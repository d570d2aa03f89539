-- ===== src/Sequential/Lost.antt =====
-- Replies with which an orchestrator's code does not go on.
use durabletask_rs.Prelude.{
  ◌≡◌, ℕ, suc, ◌<◌, ap, ◌∙◌, ◌++◌, length, get_or-append_last, set-append_last, String, Option,
  none, some, List, [], ◌∷◌,
}
use durabletask_rs.Prelude.Int.{pos, i32_max}
use durabletask_rs.Prelude.HashMap.{lookup_only, remove_only}
use durabletask_rs.Prelude.Outcome.{returns}
use durabletask_rs.Prelude.Result.{ok}
use durabletask_rs.Task.{poll_task}
use durabletask_rs.Proto.{Timestamp, HistoryEvent}
use durabletask_rs.Internal.Events.{new_execution_started_event, new_task_completed_event}
use durabletask_rs.Types.Context.{Host, new_context}
use durabletask_rs.Types.Async.{Async, await_task, poll_async}
use durabletask_rs.Types.Function.{OrchestratorResult, OrchestratorFunction}
use durabletask_rs.Registry.{Registry, get_orchestrator}
use durabletask_rs.Executor.Context.{OrchestrationExecutorContext, get_actions, drain}
use durabletask_rs.Executor.Poll.{poll_unwrap}
use durabletask_rs.Executor.Event.{complete_task}
use durabletask_rs.Executor.Execute.{round, process_events, execute}
use durabletask_rs.Sequential.{Script, ask, code_of, Request, activity, start_request, asked_event}
use durabletask_rs.Sequential.Poll.{task_on, fresh, idle}
use durabletask_rs.Sequential.Round.{acknowledged, context, round_asked}
use durabletask_rs.Executor.Replay.{execute-append}
use durabletask_rs.Executor.Quiet.{AreQuiet, process_events-Rests}
use durabletask_rs.Sequential.Waiting.{left_after, history_then, execute_then}
use durabletask_rs.Sequential.Replay.{zero_time}

module _ {Chan Act : Type 0} (host : Host Chan) (registry : Registry Act) (id : String)
    (now : Timestamp) (uuid name : String) (input : Option String) (f : OrchestratorFunction)
    (activity_name : String) (activity_input : Option String)
    (k : String → Async (OrchestratorResult String))
    (found : get_orchestrator registry name ≡ some f)
    (code : f (new_context id input)
      ≡ start_request (activity activity_name activity_input) (λ task. await_task task k)) where
  abbrev call : Request
  call = activity activity_name activity_input

  -- The history up to the acknowledgement of the activity, and an event that comes then.
  abbrev called_then : HistoryEvent → List HistoryEvent
  called_then event =
      new_execution_started_event now uuid name id input none none none
      ∷ asked_event host.clock now call (pos 1)
      ∷ event
      ∷ []

  -- The context after the acknowledgement, as a history without replies has it.
  abbrev before : OrchestrationExecutorContext Chan
  before = acknowledged host id input zero_time 0 call k []

module _ {Chan Act : Type 0} (host : Host Chan) (registry : Registry Act) (id : String)
    (now : Timestamp) (input : Option String) where
  -- A result that is none drops the task's sender, and the poll behind it finds the task pending.
  round_completed_empty :
      (m : ℕ) (q : Request) (k : String → Async (OrchestratorResult String)) (channels : List Chan)
      → round host registry id
          (new_task_completed_event now (pos (suc m)) none)
          (acknowledged host id input zero_time m q k channels)
        ≡ returns (
            context host id input zero_time
              (suc m)
              (some (await_task (task_on (length channels)) k))
              (length channels ∷ [])
              []
              []
              (channels ++ (host.oneshot.poll_recv (host.oneshot.drop_sender (fresh host))).1 ∷ []))
  unfolding round new_task_completed_event complete_task poll_unwrap poll_async poll_task drain
  round_completed_empty m q k channels = rw (
    lookup_only (pos (suc m)),
    remove_only (pos (suc m)),
    get_or-append_last channels (fresh host) (fresh host),
    set-append_last channels (fresh host) (host.oneshot.drop_sender (fresh host)),
    get_or-append_last channels (host.oneshot.drop_sender (fresh host)) (fresh host),
    host.oneshot.poll-drop_sender,
    set-append_last channels (host.oneshot.drop_sender (fresh host))
        (host.oneshot.poll_recv (host.oneshot.drop_sender (fresh host))).1,
  )

  -- An orchestrator that awaits each of its requests, with its first request at its first poll, and
  -- that waits for an activity: once that is acknowledged, its completion without a result is
  -- answered with no action, and the answer stays so behind any further events at which the executor
  -- does not poll, but for a termination and another start. The history may be cut anywhere, and
  -- fewer than 2 ^ 31 - 1 requests were replied to.
  pub execute_completed_empty :
      (uuid name : String) (f : OrchestratorFunction) (q : Request) (k : String → Script)
      (replies : List String) (activity_name : String) (activity_input : Option String)
      (k' : String → Script) (after old_events new_events : List HistoryEvent)
      → get_orchestrator registry name ≡ some f
      → f (new_context id input) ≡ code_of (ask q k)
      → left_after (ask q k) replies ≡ ask (activity activity_name activity_input) k'
      → length replies < i32_max
      → AreQuiet after
      → old_events ++ new_events
        ≡ history_then host id now input uuid name (ask q k) replies (
            asked_event host.clock now
              (activity activity_name activity_input)
              (pos (suc (length replies)))
            ∷ new_task_completed_event now (pos (suc (length replies))) none
            ∷ after)
      → execute host registry id old_events new_events ≡ returns (ok [])
  unfolding process_events get_actions
  execute_completed_empty uuid name f q k replies activity_name activity_input k' after old_events
        new_events found code waits few quiet cut =
      let q' = activity activity_name activity_input in
      let (later, e) =
        execute_then host registry id now input uuid name f q k replies q' k' _ found code waits
          few in
      let (time, received, p) =
        process_events-Rests host registry id
          (some (record {
            code = some (await_task (task_on (length later)) (λ r. code_of (k' r)));
            octx = idle host id input [] (suc (length replies)) (length later ∷ []);
          }))
          (pos (suc (length replies)))
          (later ++ (host.oneshot.poll_recv (host.oneshot.drop_sender (fresh host))).1 ∷ []) after
          zero_time [] quiet in
      execute-append host registry id old_events new_events
      ∙ ap (execute host registry id []) cut
      ∙ e
      ∙ rw (
        round_asked host id input zero_time registry now q' (λ r. code_of (k' r)) (length replies)
            later,
        round_completed_empty (length replies) q' (λ r. code_of (k' r)) later,
        p,
      )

------------

* PROBLEM STATEMENT:
Track down all lines above with the string "none" and copy them.

* RESPONSE AREA:
  none, some, List, [], ◌∷◌,
      new_execution_started_event now uuid name id input none none none
  -- A result that is none drops the task's sender, and the poll behind it finds the task pending.
          (new_task_completed_event now (pos (suc m)) none)
            ∷ new_task_completed_event now (pos (suc (length replies))) none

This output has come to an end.